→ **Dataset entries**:
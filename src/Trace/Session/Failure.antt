-- ===== src/Trace/Session/Failure.antt =====
-- src/trace.rs: a start that fails stops the session that it has started, and a dropped trace stops
-- its session.
use ferrisetw.Base.{
  ℕ, ◌≡◌, refl, sym, ap, ◌∙◌, inl, inr, ◌⊎◌, false, not, ◌&&◌, Option, none, some, List, ◌∷◌, ◌==◌,
  ==_iff, if◌then◌else◌, Bool-cases,
}
use ferrisetw.Native.EtwTypes.{EventTraceProperties}
use ferrisetw.Native.Evntrace.{next_id, unregister, open_trace, control_trace, close_trace}
use ferrisetw.Native.Evntrace.Quiet.{
  remove_first, running, Same, IsQuiet, pure-IsQuiet, bind-IsQuiet, native-IsQuiet,
  for_each-IsQuiet, if-IsQuiet, enable_provider-IsQuiet, capture_provider_state-IsQuiet,
  enable_stack_tracing-IsQuiet, set_extended_kernel_groups-IsQuiet,
}
use ferrisetw.Native.Windows.{
  ControlCode, real_time_session, EvntraceNativeError, TraceError, Result, ok, err, World, continue,
  ◌>>=◌, ◌>>◌, pure, wrap_error, native, Windows,
}
use ferrisetw.Provider.Builder.{Provider}
use ferrisetw.Provider.EventFilter.{Platform}
use ferrisetw.Trace.Session.{TraceKind, TraceBuilder, Trace, wide_name, drop_guard, guarded, under}
use ferrisetw.Trace.Session.Lifecycle.{
  StopFailed, Stopped, control_trace-Stopped, without, close_trace-Retired, Opened,
  open_trace-Opened, without_insert,
}
use ferrisetw.Trace.Session.Start.{
  is_empty, kernel_filter_providers, enable_all, enable_filtered, configure, capture_states,
  trace_of, build_started,
}
use mathlib.Core.Path.{fun_ext}

abbrev pub insert : ℕ → ℕ → (ℕ → Option ℕ) → ℕ → Option ℕ
insert id d contexts k = if k == id then some d else contexts k

pub without_fresh :
    (id : ℕ) (contexts : ℕ → Option ℕ) → contexts id ≡ none → without id contexts ≡ contexts
without_fresh id contexts h = fun_ext (λ k. elim (Bool-cases (k == id)) [
  | inl e ↦ rw e (sym (ap contexts ((==_iff k id).0 e) ∙ h))
  | inr e ↦ rw e
])

pub remove_first-head : (h : ℕ) (hs : List ℕ) → remove_first h (h ∷ hs) ≡ hs
remove_first-head h hs = rw ((==_iff h h).1 refl)

module _ (windows : Windows) (platform : Platform) (provider_at : ℕ → Provider) where
  -- The sessions `left` run, and the session `h` besides them only where Windows has refused to
  -- stop it.
  abbrev pub Ended : ℕ → List ℕ → World → Type 0
  Ended h left v =
      (running windows v.calls ≡ left)
      ⊎ (StopFailed windows platform h v.calls × (running windows v.calls ≡ h ∷ left))

  -- The registries are as in `w`, too.
  abbrev pub Restored : List ℕ → ℕ → World → World → Type 0
  Restored left h w v = Ended h left v × ((v.contexts ≡ w.contexts) × (v.registry ≡ w.registry))

  -- The session `h` runs, and its trace has the context that was next, for the callback data `d`.
  abbrev pub Runs : List ℕ → World → ℕ → ℕ → Trace → World → Type 0
  Runs left w h d t v =
      (t.control_handle ≡ h)
      × ((t.context ≡ w.next_context_id)
          × ((running windows v.calls ≡ h ∷ left)
              × ((v.contexts ≡ insert w.next_context_id d w.contexts)
                  × ((v.next_context_id ≡ next_id w.next_context_id) × (v.registry ≡ w.registry)))))

  abbrev pub Outcome : List ℕ → World → ℕ → ℕ → Result TraceError Trace × World → Type 0
  Outcome left w h d (ok t, v) = Runs left w h d t v
  Outcome left w h d (err e, v) = Restored left h w v

  enable_all-IsQuiet :
      (handle : ℕ) (ps : List ℕ)
      → IsQuiet windows (enable_all windows platform provider_at handle ps)
  enable_all-IsQuiet handle ps = for_each-IsQuiet windows ps _ (λ p.
      native-IsQuiet windows _ (enable_provider-IsQuiet windows platform handle (provider_at p)))

  enable_filtered-IsQuiet :
      (handle : ℕ) (ps : List ℕ)
      → IsQuiet windows (enable_filtered windows platform provider_at handle ps)
  enable_filtered-IsQuiet handle ps =
      if-IsQuiet windows
        (not (is_empty windows platform provider_at ps) && not windows.is_win8_or_greater) _ _
        (pure-IsQuiet windows _) (enable_all-IsQuiet handle ps)

  configure-IsQuiet :
      (kind : TraceKind) (b : TraceBuilder) (handle : ℕ) (ps : List ℕ)
      → IsQuiet windows (configure windows platform provider_at kind b handle ps)
  unfolding configure
  configure-IsQuiet TraceKind.user b handle ps = enable_all-IsQuiet handle ps
  configure-IsQuiet TraceKind.kernel b handle ps =
      bind-IsQuiet windows _ _
        (bind-IsQuiet windows _ _
          (native-IsQuiet windows _
            (enable_stack_tracing-IsQuiet windows platform handle b.stack_tracing_events))
          (λ _.
            native-IsQuiet windows _ (
              set_extended_kernel_groups-IsQuiet windows platform handle b.extended_kernel_groups)))
        (λ _.
          enable_filtered-IsQuiet handle (kernel_filter_providers windows platform provider_at ps))

  capture_states-IsQuiet :
      (kind : TraceKind) (handle : ℕ) (ps : List ℕ)
      → IsQuiet windows (capture_states windows platform provider_at kind handle ps)
  capture_states-IsQuiet TraceKind.user handle ps = for_each-IsQuiet windows ps _ (λ p.
      if-IsQuiet windows (provider_at p).capture_state _ _
        (native-IsQuiet windows _
          (capture_provider_state-IsQuiet windows platform handle (provider_at p)))
        (pure-IsQuiet windows _))
  capture_states-IsQuiet TraceKind.kernel handle ps = pure-IsQuiet windows _

  module _ (properties : EventTraceProperties) (h : ℕ) (valid : (h == 0) ≡ false)
      (left : List ℕ) where
    pub left_over :
        (v u : World)
        → running windows v.calls ≡ h ∷ left
        → Stopped windows platform h v u
        → Ended h left u
    left_over v u e (inl stopped, kept) =
        inl (stopped ∙ ap (remove_first h) e ∙ remove_first-head h left)
    left_over v u e (inr (failed, same), kept) = inr (failed, same ∙ e)

    drop_guard-early :
        (w v : World)
        → running windows v.calls ≡ h ∷ left
        → v.contexts ≡ w.contexts
        → v.registry ≡ w.registry
        → Restored left h w (drop_guard windows platform provider_at properties h none v)
    unfolding drop_guard
    drop_guard-early w v a b c =
        let u = (control_trace windows platform properties h ControlCode.stop v).1 in
        let s = control_trace-Stopped windows platform properties h v valid in
        (left_over v u a s, (s.1.0 ∙ b, s.1.1.1 ∙ c))

    drop_guard-late :
        (w v : World) (trace_handle d id : ℕ)
        → running windows v.calls ≡ h ∷ left
        → v.contexts ≡ insert w.next_context_id d w.contexts
        → v.registry ≡ w.registry
        → id ≡ w.next_context_id
        → w.contexts w.next_context_id ≡ none
        → Restored left h w
            (drop_guard windows platform provider_at properties h (some (trace_handle, id)) v)
    unfolding drop_guard unregister
    drop_guard-late w v trace_handle d id a b c e fresh =
        let retired = (close_trace windows platform trace_handle id v).1 in
        let r = close_trace-Retired windows platform trace_handle id v in
        let x = unregister id retired in
        let s = control_trace-Stopped windows platform properties h x valid in
        (
          left_over x (control_trace windows platform properties h ControlCode.stop x).1 (r.0 ∙ a)
              s,
          (
            s.1.0
                ∙ r.1.0
                ∙ ap (without id) b
                ∙ ap (λ i. without i (insert w.next_context_id d w.contexts)) e
                ∙ without_insert w.next_context_id d w.contexts
                ∙ without_fresh w.next_context_id w.contexts fresh,
            s.1.1.1 ∙ r.1.1.1 ∙ c,
          ),
        )

    -- The steps of a build, from the last to the first.
    after_capture :
        (b : TraceBuilder) (w v : World) (trace_handle id : ℕ) (r : Result TraceError (Unit {0}))
        → running windows v.calls ≡ h ∷ left
        → v.contexts ≡ insert w.next_context_id b.callback_data w.contexts
        → v.next_context_id ≡ next_id w.next_context_id
        → v.registry ≡ w.registry
        → id ≡ w.next_context_id
        → w.contexts w.next_context_id ≡ none
        → Outcome left w h b.callback_data (
            continue
              (guarded windows platform provider_at properties h (some (trace_handle, id)) (r, v)).0
              (λ _. pure (trace_of windows platform provider_at properties h (trace_handle, id)))
              (guarded windows platform provider_at properties h
                (some (trace_handle, id))
                (r, v)).1)
    after_capture b w v trace_handle id (ok done) a c n g e fresh = (refl, (e, (a, (c, (n, g)))))
    after_capture b w v trace_handle id (err failure) a c n g e fresh =
        drop_guard-late w v trace_handle b.callback_data id a c g e fresh

    after_open :
        (b : TraceBuilder) (w v : World) (ps : List ℕ) (r : Result EvntraceNativeError (ℕ × ℕ))
        (u : World)
        → Same windows w v
        → running windows w.calls ≡ h ∷ left
        → w.contexts w.next_context_id ≡ none
        → Opened windows platform v b.callback_data (r, u)
        → Outcome left w h b.callback_data (
            continue
              (guarded windows platform provider_at properties h none (wrap_error r, u)).0
              (λ consumer.
                under windows platform provider_at properties h
                  (some consumer)
                  (capture_states windows platform provider_at b.kind h ps)
                >> pure (trace_of windows platform provider_at properties h consumer))
              (guarded windows platform provider_at properties h none (wrap_error r, u)).1)
    after_open b w v ps (ok (trace_handle, id)) u q a fresh o =
        let m = capture_states windows platform provider_at b.kind h ps in
        let k = (capture_states-IsQuiet b.kind h ps).same u in
        after_capture b w (m u).1 trace_handle id (m u).0 (k.0 ∙ o.1.0 ∙ q.0 ∙ a)
          (k.1.0
            ∙ o.1.1.0
            ∙ ap (λ n. insert n b.callback_data v.contexts) q.1.1.0
            ∙ ap (insert w.next_context_id b.callback_data) q.1.0)
          (k.1.1.0 ∙ o.1.1.1.0 ∙ ap next_id q.1.1.0) (k.1.1.1 ∙ o.1.1.1.1 ∙ q.1.1.1) (o.0 ∙ q.1.1.0)
          fresh
    after_open b w v ps (err e) u q a fresh o =
        let unused : v.contexts v.next_context_id ≡ none =
          ap (λ c. c v.next_context_id) q.1.0 ∙ ap w.contexts q.1.1.0 ∙ fresh in
        drop_guard-early w u (o.0 ∙ q.0 ∙ a)
          (sym (without_fresh v.next_context_id u.contexts o.1.1.0)
            ∙ o.1.0
            ∙ without_fresh v.next_context_id v.contexts unused
            ∙ q.1.0)
          (o.1.1.1 ∙ q.1.1.1)

    after_configure :
        (b : TraceBuilder) (w v : World) (ps : List ℕ) (r : Result TraceError (Unit {0}))
        → Same windows w v
        → running windows w.calls ≡ h ∷ left
        → w.contexts w.next_context_id ≡ none
        → Outcome left w h b.callback_data (
            continue
              (guarded windows platform provider_at properties h none (r, v)).0
              (λ _.
                under windows platform provider_at properties h none (
                  native (
                    open_trace windows platform
                      (real_time_session (wide_name b.name))
                      b.callback_data))
                >>= (λ consumer.
                    under windows platform provider_at properties h
                      (some consumer)
                      (capture_states windows platform provider_at b.kind h ps)
                    >> pure (trace_of windows platform provider_at properties h consumer)))
              (guarded windows platform provider_at properties h none (r, v)).1)
    after_configure b w v ps (ok done) q a fresh =
        let source = real_time_session (wide_name b.name) in
        let opened = open_trace windows platform source b.callback_data v in
        after_open b w v ps opened.0 opened.1 q a fresh
          (open_trace-Opened windows platform source b.callback_data v)
    after_configure b w v ps (err e) q a fresh = drop_guard-early w v (q.0 ∙ a) q.1.0 q.1.1.1

    pub build_started-Outcome :
        (b : TraceBuilder) (w : World)
        → running windows w.calls ≡ h ∷ left
        → w.contexts w.next_context_id ≡ none
        → Outcome left w h b.callback_data
            (build_started windows platform provider_at b (properties, h) w)
    unfolding build_started
    build_started-Outcome b w a fresh =
        let m = configure windows platform provider_at b.kind b h w.registry.providers in
        after_configure b w (m w).1 w.registry.providers (m w).0
          ((configure-IsQuiet b.kind b h w.registry.providers).same w) a fresh
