-- ===== src/Trace/Session/FileTrace.antt =====
-- src/trace.rs: traces from a file, which have no session, and the statistics of those that have
-- one. What a query fills in is a function of the calls so far.
use ferrisetw.Base.{ℕ, ◌%◌, ◌^◌, Bool, List}
use ferrisetw.Native.Evntrace.{unregister, open_trace, close_trace, control_trace, process}
use ferrisetw.Native.Windows.{
  Call, ControlCode, from_file, TraceError, ok, World, M, ◌>>=◌, pure, native, Windows,
}
use ferrisetw.Provider.EventFilter.{Platform}
use ferrisetw.Trace.Session.{Trace, take_while_nonzero}

pub record FileTraceBuilder : Type 0 where
  pub etl_file_path : List ℕ
  pub callback : ℕ

pub record FileTrace : Type 0 where
  pub trace_handle : ℕ
  pub context : ℕ

-- The statistics fields of an `EVENT_TRACE_PROPERTIES`; the thread id is a HANDLE.
pub record NativeStatistics : Type 0 where
  pub events_lost : ℕ
  pub log_buffers_lost : ℕ
  pub real_time_buffers_lost : ℕ
  pub buffers_written : ℕ
  pub number_of_buffers : ℕ
  pub free_buffers : ℕ
  pub logger_thread_id : ℕ

pub record TraceStatistics : Type 0 where
  pub events_lost : ℕ
  pub log_buffers_lost : ℕ
  pub real_time_buffers_lost : ℕ
  pub buffers_written : ℕ
  pub number_of_buffers : ℕ
  pub free_buffers : ℕ
  pub logger_thread_id : ℕ

unfoldable pub from_properties : NativeStatistics → TraceStatistics
from_properties props = record {
  events_lost = props.events_lost;
  log_buffers_lost = props.log_buffers_lost;
  real_time_buffers_lost = props.real_time_buffers_lost;
  buffers_written = props.buffers_written;
  number_of_buffers = props.number_of_buffers;
  free_buffers = props.free_buffers;
  logger_thread_id = props.logger_thread_id % 2 ^ 32;
}

module _ (windows : Windows) (platform : Platform) where
  -- `FileTraceBuilder::start`
  unfoldable pub start_file : FileTraceBuilder → M TraceError FileTrace
  unfolding open_trace
  start_file b =
      native
        (open_trace windows platform (from_file (take_while_nonzero b.etl_file_path)) b.callback)
      >>= (λ consumer. pure (record { trace_handle = consumer.0; context = consumer.1 }))

  unfoldable pub file_non_consuming_stop : FileTrace → M TraceError (Unit {0})
  unfolding close_trace
  file_non_consuming_stop t =
      native (close_trace windows platform t.trace_handle t.context) >>= (λ pending. pure tt)

  -- The drop of `TraceContext` comes after the stop.
  unfoldable pub drop_file : FileTrace → World → World
  unfolding file_non_consuming_stop unregister
  drop_file t w = unregister t.context (file_non_consuming_stop t w).1

  unfoldable pub close_file : FileTrace → M TraceError Bool
  unfolding close_trace drop_file
  close_file t w =
      let closed = native (close_trace windows platform t.trace_handle t.context) w in
      (closed.0, drop_file t closed.1)

  unfoldable pub process_from_handle : ℕ → M TraceError (Unit {0})
  unfolding process
  process_from_handle handle = native (process windows platform handle)

  unfoldable pub statistics : (List Call → NativeStatistics) → Trace → M TraceError TraceStatistics
  unfolding control_trace from_properties
  statistics filled t =
      native (control_trace windows platform t.properties t.control_handle ControlCode.query)
      >>= (λ done w. (ok (from_properties (filled w.calls)), w))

→ **WHAT TO PRODUCE**: Above are the entries. Quote exactly the lines from the one bearing "(without id) b" through the one bearing "s.1.1.1 ∙ r.1.1.1".

→ **TASK RESULT**:
                ∙ ap (without id) b
                ∙ ap (λ i. without i (insert w.next_context_id d w.contexts)) e
                ∙ without_insert w.next_context_id d w.contexts
                ∙ without_fresh w.next_context_id w.contexts fresh,
            s.1.1.1 ∙ r.1.1.1 ∙ c,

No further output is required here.